Industry players welcomed the deal, calling it overdue. The Canadian Association of Petroleum Producers said the end of the emissions cap, the planned changes to the Competition Act, and the commitment to open new markets amount to an important policy reset. Environmental organizations expressed alarm, warning that the move weakens national standards at a time when climate action requires stronger coordination, not fragmentation.

A Pipeline Alberta Has Wanted For Years

Alberta is exploring a new crude oil pipeline to British Columbia’s northwest coast that would finally offer direct access to Asian markets. No private company has taken on the project, largely due to federal rules that operators say made approvals nearly impossible. Companies and the Alberta government have said repeatedly that Ottawa would need to remove the emissions cap and reconsider the Oil Tanker Moratorium Act before anyone in the private sector would take on such a high-risk infrastructure plan.

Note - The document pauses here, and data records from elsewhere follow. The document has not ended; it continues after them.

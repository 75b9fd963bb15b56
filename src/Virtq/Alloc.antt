-- ===== src/Virtq/Alloc.antt =====
-- src/virtio/virtq.c: `virtq_alloc_desc` and `virtq_free_desc`.
use qnx_virtio.Common.{
  ℕ, Bool, Option, none, some, List, [], Errno, eok, einval, is_ok, ok, err, if◌then◌else◌, set,
}
use qnx_virtio.Os.{Os}
use qnx_virtio.Fifo
use qnx_virtio.Virtq.{
  Virtq, f_write, zero_desc, zero_extras, desc_at, extras_at, bytes16, of_bytes16,
}

-- The bytes that `fifo_get` left in the variable, if it did.
abbrev pub fetched : Option (List ℕ) → List ℕ
fetched none = []
fetched (some bytes) = bytes

module _ (os : Os) where
  open os use {spin, World, mmap, munmap, mem_offset, errno}

  -- The label `free_desc`: the index goes back to the free list.
  unfoldable pub give_back :
      Errno → Virtq spin.Lock → (idx : ℕ) → World → Errno × Option ℕ × Virtq spin.Lock × World
  give_back rc vq idx w =
      (rc, some idx, record vq { free_descs = (Fifo.put spin vq.free_descs (bytes16 idx)).1 }, w)

  -- The entries of a descriptor that is handed out.
  unfoldable pub fill_desc :
      Virtq spin.Lock → (idx vaddr paddr len : ℕ) → (writable : Bool) → Virtq spin.Lock
  fill_desc vq idx vaddr paddr len writable = record vq {
    desc_extras = set vq.desc_extras idx (record { vaddr = vaddr; context = none });
    desc =
        set vq.desc idx
          (record { addr = paddr; len = len; flags = if writable then f_write else 0; next = 0 });
  }

  -- `virtq_alloc_desc` once it has an index.
  unfoldable pub alloc_at :
      Virtq spin.Lock
      → (idx len : ℕ) → (writable : Bool) → World
      → Errno × Option ℕ × Virtq spin.Lock × World
  unfolding give_back
  alloc_at vq idx len writable w =
      let (mapping, w1) = mmap len w in
      elim mapping [
        | none ↦ give_back (errno w1) vq idx w1
        | some vaddr ↦
            let (offset, w2) = mem_offset vaddr len w1 in
            elim offset [
              | err rc ↦ give_back (errno w2) vq idx (munmap vaddr len w2).1
              | ok paddr ↦ (eok, some idx, fill_desc vq idx vaddr paddr len writable, w2)
            ]
      ]

  -- `virtq_alloc_desc` after its check of the pointers. The option is what is written to `*idx`.
  unfoldable pub alloc :
      Virtq spin.Lock
      → (len : ℕ) → (writable : Bool) → World
      → Errno × Option ℕ × Virtq spin.Lock × World
  unfolding alloc_at
  alloc vq len writable w =
      let (rc, bytes, f) = Fifo.get spin vq.free_descs in
      let vq' = record vq { free_descs = f } in
      if is_ok rc
      then alloc_at vq' (of_bytes16 (fetched bytes)) len writable w
      else (rc, none, vq', w)

  unfoldable pub alloc_desc :
      Option (Virtq spin.Lock)
      → (len : ℕ) → (writable : Bool) → (out : Bool) → World
      → Errno × Option ℕ × Option (Virtq spin.Lock) × World
  alloc_desc none len writable out w = (einval, none, none, w)
  alloc_desc (some vq) len writable out w =
      if out
      then (let (rc, idx, vq', w') = alloc vq len writable w in (rc, idx, some vq', w'))
      else (einval, none, some vq, w)

  -- The source checks neither the pointer nor the index.
  unfoldable pub free_desc : Virtq spin.Lock → (idx : ℕ) → World → Errno × Virtq spin.Lock × World
  free_desc vq idx w =
      let (rc, w') = munmap (extras_at vq idx).vaddr (desc_at vq idx).len w in
      if is_ok rc
      then (let (rc', f) = Fifo.put spin vq.free_descs (bytes16 idx) in
          (
            rc',
            record vq {
              desc_extras = set vq.desc_extras idx zero_extras;
              desc = set vq.desc idx zero_desc;
              free_descs = f;
            },
            w',
          ))
      else (rc, vq, w')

Carney has now stepped in, promising a “clear and efficient” approval pathway and confirming that the marquee piece of the project — a pipeline carrying one million barrels of low-emission Alberta bitumen a day — would be financed and built by private operators. The federal government will amend tanker legislation so that Canadian crude can reach Asian buyers.

That promise lands in a province where opposition is already entrenched. British Columbia Premier David Eby said the tanker law should remain untouched. Several Indigenous groups along the northwest coast issued their own statement saying they will not accept oil tankers in their waters and that the proposed pipeline “will never happen.”

Even with the C$34 billion expansion of the federally owned Trans Mountain pipeline, which tripled its capacity last year, analysts expect existing routes to hit their limit by the end of the decade, especially as Alberta increases output.

What This Means for the West’s Climate Posture

In global energy circles, the Carney-Alberta deal is being watched closely for what it says about Western climate diplomacy. For years, wealthy governments in Europe and North America have pushed African nations to move rapidly toward clean energy and scale back fossil fuels, often tying funding and international support to those commitments.

Canada, the United States, and the European Union have repeatedly urged African oil-producing nations such as Nigeria, Angola, and Mozambique to drop new oil and gas projects and pivot toward renewables, arguing that the world cannot meet its climate goals without such transitions. At the same time, African leaders have countered that Western economies continue to rely heavily on fossil fuels, build new LNG projects, and relax emissions rules whenever national interests are at risk.

This new Canadian deal is now being cited as a fresh example of that imbalance. It shows how Western governments can lean toward energy security during moments of economic risk while expecting developing nations to move faster and with fewer options. Carney’s decision to roll back domestic climate restrictions illustrates the kind of concessions major economies are willing to make when their own industries face pressure.

African officials and analysts who follow global climate negotiations have long argued that Western expectations should not shape the continent’s economic future. Carney’s agreement with Alberta reinforces that view, making it harder for Western countries to demand strict fossil-fuel cuts abroad when they are publicly loosening their own rules at home.

Carbon Pricing, Power Infrastructure, and a New National Electricity Strategy

Along with the major reversals, the federal government and Alberta plan to finalize a new industrial carbon pricing deal by April 1 next year. They will also collaborate on building the Pathways Plus carbon capture system, promoted as the world’s largest planned CCS project.

Ottawa will support Alberta’s push into nuclear power, help strengthen its electricity grid to accommodate the needs of AI data centers, and back the construction of transmission lines linking the province with neighboring regions. Carney said the federal government will unveil a new electricity strategy aimed at doubling Canada’s clean-grid capacity.